Publication

Market in Minutes: European Senior Living and Care Home Investment

Record high H1 investment turnover


More than €4bn was invested in senior living and care homes in Europe during the first half of the year. This is a record level for a six month period and 38% above the average past five H1s. The sector barely even faltered from the pandemic crisis with €7.5bn transacted last year, only 4% down on 2019, which was a record year, proving the growing liquidity of these asset types. Indeed, following the sad headlines news on the vulnerability of the elderly age group leading to excess fatalities in care facilities, quick and strong reactions from operators have enabled to reinstall health safety amongst residents. With admissions and occupancy fast growing back to pre-pandemic levels, the resilience of the sector, the urgent need to adapt the existing supply and develop new and safe facilities caught inventors’ attention.

Both care homes and senior living make an increasingly strong investment case. The fundamentals of the senior housing sector are solid, based on long-term demographic changes. According to the projection from the European Commission, from 2026, the European population will start declining, whilst the share of elderly people will keep on growing. By 2050, the elderly population aged 65 years old and above will account for 30% of the total population from currently 20%. The very old population (≥ above 80 years old) will account for 11% of the total population, from currently 6%. Whilst the timing of this generational shift is uneven across Europe – likely to strike Italy, Germany and Portugal first and most, it will eventually affect all European countries. At the same time, the increasing number of divorces and new living arrangements are leading to an overall lack of housing.

Besides, both asset types provide a long-term secured rental income stream, which in many cases can be supplemented by additional revenues from a-la-carte services. Additionally, with ESG taking higher stakes in investors’ strategy, the intrinsic nature of senior residences, with or without care, benefits from natural leverage over the social aspect of ESG policies. Finally, the sector also benefited from reduced investment allocation in the traditional asset classes such as retail and offices.

Care homes accounted for 76% of senior housing investments in the past five years. The sector is, in fact, more developed as an asset class than the independent senior living sector, which in most European countries is only emerging. Hence, care home investment volumes are generally fuelled by M&A and large portfolio deals whilst the senior living segment is often developing through forward-funding deals.

A growing range of investors is now involved in the sector including, public and private REITs (Aedifica, Cofinimmo, SCPI Primovie), equity funds (Lone Star), pension funds (CDPQ, AP3 Tredje AP-fonden, Storebrand), investment managers (Swiss Life AM, Threestones Capital, Cindat Capital Management, Primonial REIM), financial institutions (Caisse des Depots, Gutmann Group, BNP Paribas) and developers (Batipart, SBB i Norden). The senior living sectors are increasingly attracting foreign capital. Since the beginning of the year, cross border investment accounted for nearly 60% of the total volume, a record share. Belgium, France, Luxembourg, the US and Sweden are the major origin of cross border capital over the past 24 months.

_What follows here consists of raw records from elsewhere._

-- ===== src/SimpleProxy/Ranges.antt =====
-- The values that src/modules/simple_proxy/simple_proxy.c decodes lie within their C types, whatever has arrived.
use snakesocks.Base.{
  ◌+◌, ◌<◌, ◌≤◌, ◌^◌, ℕ, Bool-cases, inl, inr, All, All-take, All-drop, All-get_or, get_or, take,
  drop, length, length-take_le, leb, arith, [], ◌∷◌, zero, suc, ◌≡◌, ◌⊎◌, refl, ap,
}
use snakesocks.Io.{IsByte, Bytes, ok, overrun}
use snakesocks.Module.{ClientQuery, ConnectInfo, IsQuery, received}
use snakesocks.SimpleProxy.{Memory, simple_hash, xor_all, at_16, at_32, read_struct, decode}
use snakesocks.SimpleProxy.Key.{length-xor_all, simple_hash-lt, xor_all-IsByte}

byte_at : (bs : Bytes) (i : ℕ) → All IsByte bs → get_or bs i 0 < 256
byte_at bs i h = All-get_or IsByte bs i 0 h (omega arith)

at_16-lt : (bs : Bytes) (i : ℕ) → All IsByte bs → at_16 bs i < 2 ^ 16
unfolding at_16
at_16-lt bs i h = omega (arith, byte_at bs i h, byte_at bs (i + 1) h)

at_32-lt : (bs : Bytes) (i : ℕ) → All IsByte bs → at_32 bs i < 2 ^ 32
unfolding at_32
at_32-lt bs i h =
    omega (arith, byte_at bs i h, byte_at bs (i + 1) h, byte_at bs (i + 2) h, byte_at bs (i + 3) h)

length-take_bound : (n : ℕ) (bs : Bytes) → length (take n bs) ≤ n
length-take_bound zero bs = omega arith
length-take_bound (suc n) [] = omega arith
length-take_bound (suc n) (b ∷ bs) = omega (arith, length-take_bound n bs)

module _ (mem : Memory) (set : IsQuery mem.unset) where
  read_struct-IsQuery :
      (bs : Bytes)
      → All IsByte bs
      → ((q : ClientQuery) × (read_struct mem bs ≡ ok q) × IsQuery q)
        ⊎ ((read_struct mem bs ≡ overrun) × (24 < length bs) × (length bs < 24 + at_32 bs 20))
  unfolding read_struct
  read_struct-IsQuery bs h = elim (Bool-cases (leb (length bs) 24)) [
    | inl short ↦ inl (
      record mem.unset { payload = record mem.unset.payload { str = [] } },
      rw short refl,
      record {
        address_length = set.address_length;
        address_bytes = set.address_bytes;
        port_range = set.port_range;
        payload_length = omega arith;
        payload_bytes = tt;
      },
    )
    | inr long ↦ elim (Bool-cases (leb (24 + at_32 bs 20) (length bs))) [
      | inl fits ↦ inl (
        record {
          destination_ip = take 16 bs;
          destination_port = at_16 bs 16;
          payload = received (take (at_32 bs 20) (drop 24 bs));
        },
        rw (long, fits) refl,
        record {
          address_length = length-take_le 16 bs (ground arith);
          address_bytes = All-take IsByte 16 bs h;
          port_range = at_16-lt bs 16 h;
          payload_length =
              omega (arith, length-take_bound (at_32 bs 20) (drop 24 bs), at_32-lt bs 20 h);
          payload_bytes = All-take IsByte (at_32 bs 20) (drop 24 bs) (All-drop IsByte 24 bs h);
        },
      )
      | inr over ↦ inr (rw (long, over) refl, ground arith, ground arith)
    ]
  ]

  -- Whatever bytes have arrived, under whatever passphrase, the module returns a query within the ranges of
  -- its C types, if the memory that it leaves unset for a packet of at most 24 bytes is one; or it
  -- runs over the packet, and then that has more than 24 bytes and, under the key, a length field that
  -- names more than it has. It leaves the connection as it is.
  pub decode-IsQuery :
      (s : ConnectInfo (Unit {0})) (bs : Bytes)
      → All IsByte bs
      → ((q : ClientQuery) × (decode mem s (received bs) ≡ (ok q, s)) × IsQuery q)
        ⊎ ((decode mem s (received bs) ≡ (overrun, s))
            × (24 < length bs)
            × (length bs < 24 + at_32 (xor_all (simple_hash s.passphrase.str) bs) 20))
  unfolding decode
  decode-IsQuery s bs h =
      let key = simple_hash s.passphrase.str in
      elim (read_struct-IsQuery (xor_all key bs)
        (xor_all-IsByte key bs (simple_hash-lt s.passphrase.str) h)) [
          | inl (q, e, isq) ↦ inl (q, ap (λ r. (r, s)) e, isq)
          | inr (e, long, over) ↦ inr (
            ap (λ r. (r, s)) e,
            omega (arith, length-xor_all key bs),
            omega (arith, length-xor_all key bs),
          )
        ]
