-- ===== src/Socks5/Handshake.antt =====
-- The method dialogue of handshake_pkgs, in src/native/src/socks5.cc.
use mathlib.Core.List.{Mem, mem-cons, not-mem-nil}
use mathlib.Core.Logic.Or
use mathlib.Core.HLevel.{⊥_prop}
use snakesocks.Base.{
  ℕ, ◌+◌, ◌-◌, ◌^◌, ◌≤◌, ◌<◌, ◌≡◌, ◌≢◌, ◌↔◌, refl, sym, ◌∙◌, ap, true, false, [], ◌∷◌, ◌++◌, arith,
  length, le→leb, gt→leb, lt→ltb, ge→ltb, ==_ne, ==_iff, Bool-cases, inl, inr, ◌==◌, if◌then◌else◌,
}
use snakesocks.Io.{Bytes, ok, thrown, overrun, incorrect_protocol, SockIo, Streams}
use snakesocks.NetLib.Frames.{Taken, Taken-trans, recvn-Taken, sendn-Sent}
use snakesocks.Socks5.{size_of_char, offers_no_auth, handshake_pkgs}

offers_no_auth-found : (methods : Bytes) → offers_no_auth methods ≡ true → Mem 0 methods
unfolding offers_no_auth
offers_no_auth-found [] h = absurd (cc)
offers_no_auth-found (m ∷ ms) h = elim (Bool-cases (m == 0)) [
  | inl e ↦ mem-cons.1 (Or.inl (sym ((==_iff m 0).0 e)))
  | inr e ↦ mem-cons.1 (Or.inr (offers_no_auth-found ms (ground arith)))
]

offers_no_auth-missed : (methods : Bytes) → offers_no_auth methods ≡ false → ¬ Mem 0 methods
unfolding offers_no_auth
offers_no_auth-missed [] h m = not-mem-nil m
offers_no_auth-missed (m ∷ ms) h e =
    Or.elim ⊥_prop (mem-cons.0 e) (λ z. ground arith) (offers_no_auth-missed ms (ground arith))

abbrev choice : Bytes → ℕ
choice methods = if offers_no_auth methods then 0 else 255

choice_lem :
    (methods : Bytes)
    → ((choice methods ≡ 0) ↔ Mem 0 methods) × ((choice methods ≡ 255) ↔ ¬ Mem 0 methods)
choice_lem methods = elim (Bool-cases (offers_no_auth methods)) [
  | inl e ↦
      let found = offers_no_auth-found methods e in
      rw e (
        ((λ _. found), (λ _. refl)),
        ((λ p. absurd (omega arith)), (λ missed. absurd (missed found))),
      )
  | inr e ↦
      let missed = offers_no_auth-missed methods e in
      rw e (
        ((λ p. absurd (omega arith)), (λ found. absurd (missed found))),
        ((λ _. missed), (λ _. refl)),
      )
]

pub size_of_char_small : (c : ℕ) → c < 128 → size_of_char c ≡ c
unfolding size_of_char
size_of_char_small c h = rw (lt→ltb c 128 h) refl

pub size_of_char_large : (c : ℕ) → 128 ≤ c → size_of_char c ≡ c + (2 ^ 64 - 256)
unfolding size_of_char
size_of_char_large c h = rw (ge→ltb c 128 h) refl

module _ (io : SockIo) (s : Streams io) (fd : ℕ) where
  open s use {incoming, outgoing, writable, consume, emit}

  -- A client that speaks version 5 and offers at most 127 methods is answered by two bytes, the
  -- version and the choice: 0 exactly if it offers method 0, and 255 exactly if it does not. All
  -- that it offered is read, and nothing behind it.
  pub handshake_pkgs_lem :
      (methods rest : Bytes) (w : io.World)
      → incoming w fd ≡ 5 ∷ length methods ∷ (methods ++ rest)
      → length methods < 128
      → writable w fd ≡ true
      → (w' : io.World) × (reply : ℕ) × (handshake_pkgs io fd w ≡ (ok tt, w'))
        × (incoming w' fd ≡ rest)
        × (outgoing w' fd ≡ outgoing w fd ++ (5 ∷ reply ∷ []))
        × ((reply ≡ 0) ↔ Mem 0 methods)
        × ((reply ≡ 255) ↔ ¬ Mem 0 methods)
  unfolding handshake_pkgs
  handshake_pkgs_lem methods rest w e small open_w =
      let n = length methods in
      let v = consume fd 2 w in
      let (r, p) = recvn-Taken io s fd (5 ∷ n ∷ []) (methods ++ rest) w e in
      let (r', p') = recvn-Taken io s fd methods rest v p.unread in
      let q = Taken-trans io s fd (methods ++ rest) rest w v (consume fd n v) p p' in
      let answer = 5 ∷ choice methods ∷ [] in
      let (t, z) = sendn-Sent io s fd answer (consume fd n v) (q.still_open ∙ open_w) in
      let (iff_0, iff_255) = choice_lem methods in
      (
        emit fd answer (consume fd n v),
        choice methods,
        rw (r, size_of_char_small n small, le→leb n 256 (omega arith), r') t,
        z.unread ∙ q.unread,
        z.sent ∙ ap (λ o. o ++ answer) q.sent,
        iff_0,
        iff_255,
      )

  -- A client that announces 128 methods or more makes the receive longer than the buffer.
  pub handshake_pkgs-overrun :
      (n : ℕ) (rest : Bytes) (w : io.World)
      → incoming w fd ≡ 5 ∷ n ∷ rest
      → 128 ≤ n
      → (handshake_pkgs io fd w).0 ≡ overrun
  unfolding handshake_pkgs
  handshake_pkgs-overrun n rest w e large =
      let (r, p) = recvn-Taken io s fd (5 ∷ n ∷ []) rest w e in
      rw (r, size_of_char_large n large, gt→leb (n + (2 ^ 64 - 256)) 256 (omega arith)) refl

  -- Another version is refused after two bytes, and nothing is sent.
  pub handshake_pkgs-thrown :
      (version n : ℕ) (rest : Bytes) (w : io.World)
      → incoming w fd ≡ version ∷ n ∷ rest
      → version ≢ 5
      → (w' : io.World) × (handshake_pkgs io fd w ≡ (thrown incorrect_protocol, w'))
        × Taken io s fd rest w w'
  unfolding handshake_pkgs
  handshake_pkgs-thrown version n rest w e other =
      let (r, p) = recvn-Taken io s fd (version ∷ n ∷ []) rest w e in
      (consume fd 2 w, rw (r, ==_ne version 5 other) refl, p)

Investment activity remains mainly concentrated in Germany and the UK, accounting for 54% of the total volume accumulated over the past 12 months (against 58% on average over the past five years). Nevertheless, interest in the sector is slowly spreading across Europe and investment volumes have been growing particularly fast in Sweden, Italy and Spain in the last 12 months.

Based on a large number of deals and projects currently under consideration with new and existing investors, we expect the annual volume in senior living sectors to reach a new high in 2021.

Prime net senior housing yields range between 3.3% and 5.75% and prime net care home yields range between 3.85% and 6% or direct-let properties, depending on the country, location and quality of assets. Increased appetite from investors for senior and care home assets has put downward pressure on prime yields over the past six months -14 bps for senior housing and -17 bps for care homes. Yet, senior housing and care home yields remain competitive compared to standard residential units. On average, senior asset yields offer a yield discount of 77 to 112 bps over multifamily. We expect further yield compression in the next 12 months as we anticipate investor interest for the sector to keep on growing and increased competition from US investors.